→ **WHAT YOU HAVE TO DO**: Only the lines from the top of the data through the one with "pub mod Errors" are to be written out, each exactly as it stands.

→ **RECORD SET**:
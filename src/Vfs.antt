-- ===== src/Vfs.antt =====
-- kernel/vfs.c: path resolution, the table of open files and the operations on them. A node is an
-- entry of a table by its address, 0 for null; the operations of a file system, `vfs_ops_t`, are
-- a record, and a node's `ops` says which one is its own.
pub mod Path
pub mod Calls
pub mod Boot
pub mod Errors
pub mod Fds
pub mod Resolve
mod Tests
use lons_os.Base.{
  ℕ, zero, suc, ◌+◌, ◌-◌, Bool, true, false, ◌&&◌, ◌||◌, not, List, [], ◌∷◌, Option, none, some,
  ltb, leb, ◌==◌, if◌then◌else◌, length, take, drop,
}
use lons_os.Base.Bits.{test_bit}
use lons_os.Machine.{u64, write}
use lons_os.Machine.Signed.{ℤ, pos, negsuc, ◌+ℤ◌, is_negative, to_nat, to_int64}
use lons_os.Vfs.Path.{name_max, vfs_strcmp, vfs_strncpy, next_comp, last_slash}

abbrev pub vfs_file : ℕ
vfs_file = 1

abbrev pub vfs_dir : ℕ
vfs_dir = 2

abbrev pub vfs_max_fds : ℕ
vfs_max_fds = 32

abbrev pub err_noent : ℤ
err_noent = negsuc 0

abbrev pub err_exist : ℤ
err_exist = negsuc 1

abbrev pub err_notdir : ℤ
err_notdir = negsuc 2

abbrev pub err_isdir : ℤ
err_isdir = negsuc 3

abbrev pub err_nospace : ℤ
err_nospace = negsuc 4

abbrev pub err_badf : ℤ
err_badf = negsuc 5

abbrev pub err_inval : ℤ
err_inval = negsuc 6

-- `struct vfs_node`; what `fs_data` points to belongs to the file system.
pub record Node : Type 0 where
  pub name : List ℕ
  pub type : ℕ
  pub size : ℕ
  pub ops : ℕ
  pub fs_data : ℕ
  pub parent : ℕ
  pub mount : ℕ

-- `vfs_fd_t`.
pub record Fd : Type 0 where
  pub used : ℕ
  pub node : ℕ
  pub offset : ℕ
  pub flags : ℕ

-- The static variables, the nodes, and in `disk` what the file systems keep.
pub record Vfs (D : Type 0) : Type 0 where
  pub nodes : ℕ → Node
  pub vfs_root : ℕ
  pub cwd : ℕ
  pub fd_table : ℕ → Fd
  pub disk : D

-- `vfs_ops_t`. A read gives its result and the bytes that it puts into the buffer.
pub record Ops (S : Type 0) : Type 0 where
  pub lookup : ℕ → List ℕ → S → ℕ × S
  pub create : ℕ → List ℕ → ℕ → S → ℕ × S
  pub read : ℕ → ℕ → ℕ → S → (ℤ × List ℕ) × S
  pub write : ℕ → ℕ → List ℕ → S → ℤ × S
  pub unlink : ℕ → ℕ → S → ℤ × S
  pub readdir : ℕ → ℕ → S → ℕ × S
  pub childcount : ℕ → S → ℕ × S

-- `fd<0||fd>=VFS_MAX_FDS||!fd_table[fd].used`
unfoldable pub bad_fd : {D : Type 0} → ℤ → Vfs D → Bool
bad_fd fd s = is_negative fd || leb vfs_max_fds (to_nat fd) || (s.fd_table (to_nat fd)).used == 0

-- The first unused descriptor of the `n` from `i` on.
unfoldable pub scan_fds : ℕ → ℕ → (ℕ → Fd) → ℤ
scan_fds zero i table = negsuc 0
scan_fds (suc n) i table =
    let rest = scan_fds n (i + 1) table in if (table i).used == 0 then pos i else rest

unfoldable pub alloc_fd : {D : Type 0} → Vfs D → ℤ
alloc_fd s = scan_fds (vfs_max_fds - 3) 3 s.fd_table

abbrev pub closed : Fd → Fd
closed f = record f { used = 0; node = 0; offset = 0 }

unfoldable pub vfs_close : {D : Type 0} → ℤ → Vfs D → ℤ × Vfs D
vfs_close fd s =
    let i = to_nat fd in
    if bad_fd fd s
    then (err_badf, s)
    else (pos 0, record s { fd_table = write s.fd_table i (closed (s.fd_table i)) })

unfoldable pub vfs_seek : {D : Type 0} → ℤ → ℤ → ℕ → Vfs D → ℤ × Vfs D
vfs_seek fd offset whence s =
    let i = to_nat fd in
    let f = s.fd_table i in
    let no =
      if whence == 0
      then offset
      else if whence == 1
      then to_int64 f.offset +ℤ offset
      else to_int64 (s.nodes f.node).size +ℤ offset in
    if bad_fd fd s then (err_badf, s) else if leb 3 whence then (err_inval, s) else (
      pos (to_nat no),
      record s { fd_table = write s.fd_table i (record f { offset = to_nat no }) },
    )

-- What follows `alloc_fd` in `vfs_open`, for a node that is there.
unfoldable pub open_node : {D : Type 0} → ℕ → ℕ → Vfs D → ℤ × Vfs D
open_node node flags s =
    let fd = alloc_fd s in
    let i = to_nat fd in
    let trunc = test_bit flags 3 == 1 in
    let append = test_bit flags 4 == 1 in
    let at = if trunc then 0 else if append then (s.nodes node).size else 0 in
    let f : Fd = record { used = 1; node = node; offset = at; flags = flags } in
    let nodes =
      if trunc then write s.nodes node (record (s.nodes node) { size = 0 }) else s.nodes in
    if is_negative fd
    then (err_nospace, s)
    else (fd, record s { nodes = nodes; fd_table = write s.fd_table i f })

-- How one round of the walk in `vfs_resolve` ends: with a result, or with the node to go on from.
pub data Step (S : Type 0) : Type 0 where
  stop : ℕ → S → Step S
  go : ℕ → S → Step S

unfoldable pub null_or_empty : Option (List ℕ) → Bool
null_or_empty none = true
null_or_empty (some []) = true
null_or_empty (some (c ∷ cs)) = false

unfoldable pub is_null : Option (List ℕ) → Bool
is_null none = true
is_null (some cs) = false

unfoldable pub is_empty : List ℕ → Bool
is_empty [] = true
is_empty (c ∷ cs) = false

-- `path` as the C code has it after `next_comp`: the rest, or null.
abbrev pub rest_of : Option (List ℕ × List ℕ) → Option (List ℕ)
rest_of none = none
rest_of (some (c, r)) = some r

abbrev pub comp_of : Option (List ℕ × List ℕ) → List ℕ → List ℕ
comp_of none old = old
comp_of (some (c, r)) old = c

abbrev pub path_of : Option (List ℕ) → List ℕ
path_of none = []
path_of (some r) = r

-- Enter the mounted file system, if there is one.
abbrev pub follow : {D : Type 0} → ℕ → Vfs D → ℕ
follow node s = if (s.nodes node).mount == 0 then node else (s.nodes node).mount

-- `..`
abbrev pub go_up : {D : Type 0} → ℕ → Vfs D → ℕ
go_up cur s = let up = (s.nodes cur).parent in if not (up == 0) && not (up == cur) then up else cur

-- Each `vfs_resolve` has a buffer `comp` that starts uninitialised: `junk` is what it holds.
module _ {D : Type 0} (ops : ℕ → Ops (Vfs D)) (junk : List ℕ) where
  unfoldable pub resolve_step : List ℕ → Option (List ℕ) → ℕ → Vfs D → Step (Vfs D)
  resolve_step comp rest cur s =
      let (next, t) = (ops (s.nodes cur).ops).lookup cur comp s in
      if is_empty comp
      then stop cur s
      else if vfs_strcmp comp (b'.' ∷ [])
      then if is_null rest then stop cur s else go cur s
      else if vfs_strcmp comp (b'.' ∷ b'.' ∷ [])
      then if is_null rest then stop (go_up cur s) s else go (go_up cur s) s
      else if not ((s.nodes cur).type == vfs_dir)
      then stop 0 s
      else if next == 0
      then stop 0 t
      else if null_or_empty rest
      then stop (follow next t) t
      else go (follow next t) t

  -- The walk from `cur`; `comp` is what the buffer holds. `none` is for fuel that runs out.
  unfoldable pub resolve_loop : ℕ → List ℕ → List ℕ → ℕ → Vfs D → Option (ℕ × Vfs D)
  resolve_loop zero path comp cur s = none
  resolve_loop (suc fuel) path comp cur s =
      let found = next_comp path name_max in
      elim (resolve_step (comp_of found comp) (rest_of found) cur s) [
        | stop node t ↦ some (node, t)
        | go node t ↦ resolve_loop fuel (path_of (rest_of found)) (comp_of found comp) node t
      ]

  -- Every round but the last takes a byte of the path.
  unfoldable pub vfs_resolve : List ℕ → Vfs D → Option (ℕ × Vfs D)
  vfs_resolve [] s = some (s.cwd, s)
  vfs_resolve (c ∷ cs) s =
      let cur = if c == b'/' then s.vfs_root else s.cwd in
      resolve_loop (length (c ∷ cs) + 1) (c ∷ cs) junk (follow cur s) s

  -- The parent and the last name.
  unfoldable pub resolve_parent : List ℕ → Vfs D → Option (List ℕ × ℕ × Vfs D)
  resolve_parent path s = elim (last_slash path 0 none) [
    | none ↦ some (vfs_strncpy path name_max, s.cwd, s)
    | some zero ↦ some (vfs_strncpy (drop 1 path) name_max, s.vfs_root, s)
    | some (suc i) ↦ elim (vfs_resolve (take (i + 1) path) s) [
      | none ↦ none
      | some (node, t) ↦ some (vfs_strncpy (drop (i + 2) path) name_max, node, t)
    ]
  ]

→ **EXERCISE OUTPUT**:
filename src/Vfs.antt
-- ===== src/Vfs.antt =====
-- kernel/vfs.c: path resolution, the table of open files and the operations on them. A node is an
-- entry of a table by its address, 0 for null; the operations of a file system, `vfs_ops_t`, are
-- a record, and a node's `ops` says which one is its own.
pub mod Path
pub mod Calls
pub mod Boot
pub mod Errors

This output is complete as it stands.